Another recent article reports how Israel’s Shin Bet domestic intelligence agency “have begun using advanced algorithms to sift through a vast volume of social media activity. Their goal is to search for the small – yet deadly – needles in a haystack of online information, and find warning signs pointing to an individual who is primed to strike.” ‘Primed to strike’ is an interesting expression that reminds me of Spielberg’s movie, Minority report, where a special police unit is able to arrest murderers before they commit their crimes… But in fact the Chief of “PreCrime” unit John Anderton (Tom Cruise), finds out that the system is flawed and “reports” by the PreCogs (three mutated humans who predict the future crimes) are being manipulated.

The present geopolitical scenario pushes governments and intelligence agencies to develop strategies to prevent crimes much in the style of Spielberg’s movie (based on a story by Philip K. Dick, by the way).
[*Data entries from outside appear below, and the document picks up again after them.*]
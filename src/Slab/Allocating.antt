-- ===== src/Slab/Allocating.antt =====
-- `cache_alloc` of kernel/src/mm/slab.c on a cache that has a slab with free objects.
use munk_os.Prelude.{
  ℕ, ◌≡◌, ap, sym, ◌∙◌, arith, true, false, List, [], ◌∷◌, mem, length, ◌==◌, inl, inr, Outcome,
  List-cases,
}
use mathlib.Core.Path.{subst}
use munk_os.Links.{null, node}
use munk_os.Links.Segments.{Chain}
use munk_os.Slab.Caches.{Heap, Fill, full, partial}
use munk_os.Slab.{from_partial, from_full, got_full, cache_alloc}
use munk_os.Slab.Invariant.{Slabs, AreObjects, IsValid}
use munk_os.Slab.Serving.{Given, from_partial-Given, from_full-Given}

-- The next slab to allocate from, of a cache with a slab that has free objects.
pub data Next (slabs : Slabs) (c s : ℕ) (zs : List ℕ) : Type 0 where
  in_use : slabs c partial ≡ s ∷ zs → Next slabs c s zs
  unused : slabs c partial ≡ [] → slabs c full ≡ s ∷ zs → Next slabs c s zs

-- The list that the slab is in.
abbrev pub fill_of : {slabs : Slabs} {c s : ℕ} {zs : List ℕ} → Next slabs c s zs → Fill
fill_of (in_use top) = partial
fill_of (unused none_used top) = full

partial_runs :
    (h : Heap) (c s : ℕ)
    → (h.caches c).partial_slabs ≡ node s
    → cache_alloc h c ≡ from_partial h c s
unfolding cache_alloc
partial_runs h c s e = cc

unused_runs :
    (h : Heap) (c s : ℕ)
    → (h.caches c).partial_slabs ≡ null
    → (h.caches c).full_slabs ≡ node s
    → cache_alloc h c ≡ from_full h c s
unfolding cache_alloc got_full
unused_runs h c s e f = cc

Given-same :
    (h : Heap) (slabs : Slabs) (free : ℕ → List ℕ) (c : ℕ) (f : Fill) (s : ℕ) (zs : List ℕ)
    (r q : Outcome (ℕ × Heap))
    → q ≡ r
    → Given h slabs free c f s zs r
    → Given h slabs free c f s zs q
Given-same h slabs free c f s zs r q e = subst (Given h slabs free c f s zs) (sym e)

-- A slab that is not empty has a free object.
some_free :
    (h : Heap) (slabs : Slabs) (free : ℕ → List ℕ) (c s : ℕ) (f : Fill)
    → AreObjects h slabs free
    → mem s (slabs c f) ≡ true
    → (h.used_objs s == h.slab_objs s) ≡ false
    → (a : ℕ) × (rest : List ℕ) × (free s ≡ a ∷ rest)
some_free h slabs free c s f v i less = elim (List-cases (free s)) [
  | inl e ↦ absurd (ground (arith, v.count s (c, f, i), ap length e, less))
  | inr r ↦ r
]

-- A cache with a partly used slab, or else with one full of free objects, gives an object without
-- asking for pages, and never fails: the first free object of the first slab of that list. Exactly
-- this object is no longer free, so it is not given out again before it is freed. The slab moves to
-- the front of the list of partly used slabs if it was full of free objects, to that of the empty
-- slabs if it was partly used and this was its last object, and no other slab changes lists. The
-- slabs, the free objects and the counts of used objects agree again, and no word of memory is
-- written.
pub cache_alloc-Given :
    (h : Heap) (slabs : Slabs) (free : ℕ → List ℕ) (c s : ℕ) (zs : List ℕ)
    → IsValid h slabs free
    → (next : Next slabs c s zs) → Given h slabs free c (fill_of next) s zs (cache_alloc h c)
cache_alloc-Given h slabs free c s zs v (in_use top) =
    let i : mem s (slabs c partial) ≡ true = ap (mem s) top ∙ ground arith in
    let (a, rest, here) =
      some_free h slabs free c s partial v.objects i
        (ground (arith, v.objects.uses c s partial i)) in
    let (tail, g) = v.linked.each c partial in
    let g' = subst (λ xs. Chain h.links (h.caches c).partial_slabs xs tail) top g in
    Given-same h slabs free c partial s zs (from_partial h c s) (cache_alloc h c)
      (partial_runs h c s g'.0) (from_partial-Given h slabs free v c s zs top a rest here)
cache_alloc-Given h slabs free c s zs v (unused none_used top) =
    let i : mem s (slabs c full) ≡ true = ap (mem s) top ∙ ground arith in
    let (a, rest, here) =
      some_free h slabs free c s full v.objects i (ground (arith, v.objects.uses c s full i)) in
    let (tail, g) = v.linked.each c full in
    let g' = subst (λ xs. Chain h.links (h.caches c).full_slabs xs tail) top g in
    let (end, p) = v.linked.each c partial in
    let p' = subst (λ xs. Chain h.links (h.caches c).partial_slabs xs end) none_used p in
    Given-same h slabs free c full s zs (from_full h c s) (cache_alloc h c)
      (unused_runs h c s p'.0 g'.0) (from_full-Given h slabs free v c s zs top a rest here)
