-- ===== src/Slab/Giving.antt =====
-- What giving an object back to its slab does to the slabs of kernel/src/mm/slab.c.
use munk_os.Prelude.{
  ℕ, ◌+◌, ◌-◌, ◌%◌, ◌^◌, ◌≡◌, ◌<◌, refl, ap, sym, ◌∙◌, arith, true, false, List, ◌∷◌, mem, length,
  ◌==◌, ==_iff, Bool-cases, inl, inr, update,
}
use mathlib.Core.Path.{subst}
use munk_os.Links.{Links}
use munk_os.Links.Edits
use munk_os.Slab.Caches.{SlabCache, Heap, Fill}
use munk_os.Slab.Invariant.{Objs, frame-Objs, Slabs, Listed, Uses, AreObjects}

-- The heap when slab `s` has got the object `addr` back, with other pointers and caches.
abbrev pub given : Heap → ℕ → ℕ → Links → (ℕ → SlabCache) → Heap
given h s addr links caches = record h {
  links = links;
  caches = caches;
  word = update h.word addr (h.freelist s);
  freelist = update h.freelist s addr;
  used_objs = update h.used_objs s ((h.used_objs s + 2 ^ 16 - 1) % 2 ^ 16);
}

-- `addr` is an object of slab `s` that is in use.
pub record InUse (h : Heap) (slabs : Slabs) (free : ℕ → List ℕ) (s addr : ℕ) : Type 0 where
  pub not_null : 0 < addr
  pub used : 0 < h.used_objs s
  pub taken : (t : ℕ) → Listed slabs t → mem addr (free t) ≡ false

module _ (h : Heap) (slabs : Slabs) (free : ℕ → List ℕ) (v : AreObjects h slabs free) (c s : ℕ)
    (f : Fill) (in_list : mem s (slabs c f) ≡ true) (addr : ℕ) (u : InUse h slabs free s addr) where
  listed : Listed slabs s
  listed = (c, f, in_list)

  room : h.used_objs s + length (free s) ≡ h.slab_objs s
  room = v.count s listed

  pub no_wrap : (h.used_objs s + 2 ^ 16 - 1) % 2 ^ 16 ≡ h.used_objs s - 1
  no_wrap = omega (arith, room, v.small s listed, u.used)

  given_chain :
      (t : ℕ) → Listed slabs t → Objs (update h.word addr (h.freelist s)) (h.freelist t) (free t)
  given_chain t l =
      frame-Objs h.word (update h.word addr (h.freelist s)) (h.freelist t) (free t)
        (λ a i. ground (arith, Edits.not_same a addr (free t) i (u.taken t l))) (v.chain t l)

  pub given-AreObjects :
      (slabs' : Slabs) (links : Links) (caches : ℕ → SlabCache)
      → ((d t : ℕ) (g : Fill)
          → (t == s) ≡ false
          → mem t (slabs' d g) ≡ true
          → mem t (slabs d g) ≡ true)
      → ((d : ℕ) (g : Fill)
          → mem s (slabs' d g) ≡ true
          → (d ≡ c) × Uses g (h.used_objs s - 1) (h.slab_objs s))
      → AreObjects (given h s addr links caches) slabs' (update free s (addr ∷ free s))
  given-AreObjects slabs' links caches kept at = record {
    owner = λ d t g i. elim (Bool-cases (t == s)) [
      | inl e ↦
          let q = (==_iff t s).0 e in
          let (p, _) = at d g (ap (λ x. mem x (slabs' d g)) (sym q) ∙ i) in
          ap h.this_cache q ∙ v.owner c s f in_list ∙ sym p
      | inr e ↦ v.owner d t g (kept d t g e i)
    ];
    uses = λ d t g i. elim (Bool-cases (t == s)) [
      | inl e ↦
          let q = (==_iff t s).0 e in
          let (_, w) = at d g (ap (λ x. mem x (slabs' d g)) (sym q) ∙ i) in
          rw (e, no_wrap) (subst (λ x. Uses g (h.used_objs s - 1) (h.slab_objs x)) (sym q) w)
      | inr e ↦ rw e (v.uses d t g (kept d t g e i))
    ];
    chain = λ t (d, g, i). elim (Bool-cases (t == s)) [
      | inl e ↦
          rw (e, Edits.==_refl addr) (refl, u.not_null, u.taken s listed, given_chain s listed)
      | inr e ↦ rw e (given_chain t (d, g, kept d t g e i))
    ];
    count = λ t (d, g, i). elim (Bool-cases (t == s)) [
      | inl e ↦
          rw (e, no_wrap) (omega (arith, room, u.used) ∙ ap h.slab_objs (sym ((==_iff t s).0 e)))
      | inr e ↦ rw e (v.count t (d, g, kept d t g e i))
    ];
    small = λ t l. elim (Bool-cases (t == s)) [
      | inl e ↦ subst (λ x. h.slab_objs x < 2 ^ 16) (sym ((==_iff t s).0 e)) (v.small s listed)
      | inr e ↦ v.small t (l.0, l.1, kept l.0 t l.1 e l.2)
    ];
    apart = λ t r l m ne x i. elim (Bool-cases (t == s)) [
      | inl e ↦
          let o : (r == s) ≡ false = ground (arith, e, ne) in
          let j : mem x (addr ∷ free s) ≡ true = rw e at i in
          let lr : Listed slabs r = (m.0, m.1, kept m.0 r m.1 o m.2) in rw o (at_front r lr o x j)
      | inr e ↦ elim (Bool-cases (r == s)) [
        | inl o ↦
            let j : mem x (free t) ≡ true = rw e at i in
            let lt : Listed slabs t = (l.0, l.1, kept l.0 t l.1 e l.2) in
            let out = v.apart t s lt listed e x j in
            rw o (ground (arith, out, Edits.not_same x addr (free t) j (u.taken t lt)))
        | inr o ↦
            let j : mem x (free t) ≡ true = rw e at i in
            rw o
              (v.apart t r (l.0, l.1, kept l.0 t l.1 e l.2) (m.0, m.1, kept m.0 r m.1 o m.2) ne x j)
      ]
    ];
  }
    where
      at_front :
          (r : ℕ)
          → Listed slabs r
          → (r == s) ≡ false
          → (x : ℕ) → mem x (addr ∷ free s) ≡ true
          → mem x (free r) ≡ false
      at_front r lr o x j = elim (Bool-cases (x == addr)) [
        | inl p ↦ ap (λ y. mem y (free r)) ((==_iff x addr).0 p) ∙ u.taken r lr
        | inr p ↦ v.apart s r listed lr (ground (arith, o)) x (ground (arith, j, p))
      ]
However, for the moment they prefer to use brick and mortar software rather than some unreliable psychic powers. Nonetheless, in both cases it is a story of how data and the stories they generate are used and misused. A much less recent academic paper jointly published by US and Israeli scholars explained more in detail how one of this contemporary system works:

“The proposed methodology learns the typical behavior (‘profile’) of terrorists by applying a data mining algorithm to the textual content of terror-related Web sites. The resulting profile is used by the system to perform real-time detection of users suspected of being engaged in terrorist activities. (…).”

Particularly interesting is the (ideological? ontological?) approach behind the “Detection Environment”:

“It is assumed that terror-related content usually viewed by terrorists and their supporters can be used as training data for a learning process to obtain a ‘Typical-Terrorist-Behavior’. This typical behavior will be used to detect further terrorists and their supporters.”

To see how it works a “Typical-Terrorist-Behavior” you can watch this video (thanks to Geoffrey Rockwell for pointing this out). Cathy O’Neil, author of the book Weapons of Math Destruction, in a recent interview said that some of these opaque algorithms can have descrutive consequences on people, i.e. “they actually can really screw up somebody’s life.”

minority-report-philip-dickBut as potential human rights violations are not the main concern of Digital Humanities, I won’t discuss them here. Instead my attention was attracted by the software Palantir, used among others by the United States Department of Defense. Palantir (a word familiar to Tolkien’s fans) does many things, like building associations and connections through a set of collected data and then visualizing everything in nice clusters, graphs, histograms, etc. The online demo shows how “easy” it is to connect people, places, dates, etc. and draw reliable conclusions on the 2009 Jakarta Hotel bombings. But as Geoffrey Rockwell was asking when analyzing the CSEC presentation in 2013, “Could they come to believe that all there is to know is what is revealed by signals intelligence?”

Putting aside for a moment the surveillance issues and the ideology that informs data collection, in these mass surveillance tools I see a huge challenge for the digital humanist: what we see are “representations” based on other “representations”… The semiotic, discursive and rhetorical layers of these tools are totally opaque, everything is taken for granted. However, it is one thing when you are using multimedia to build an interactive story or a literary archive, and another thing when you use locked software to build a hypertext connecting facts and people to terrorism. So, if these surveillance tools build stories, what happened to interpretation? And when data started to become neutral?

History has never been too generous with the social sciences and the humanities, but at least we knew (and learned how to teach) how symbols and representations were built, and although we did not control them, we could find out who made them and for what purpose. But today layers of digital representations and connected dispositifs – what they call big data and algorithms – are escaping any rational and perhaps human law. They produce knowledge, they control knowledge, and they manipulate knowledge. For what purpose, I suspect, they don’t even know.

So, in all this mess, where are we, digital humanists? I think once again we are missing the opportunity to get involved in these knowledge-shaping processes, and try to direct them towards more transparent, more equitable and more human aims.

*I’m grateful to Geoffrey Rockwell for his help with this post. With Stéfan Sinclair he was among the first DH scholar to write on text analysis and surveillance issues (see their recent Hermeneutica book).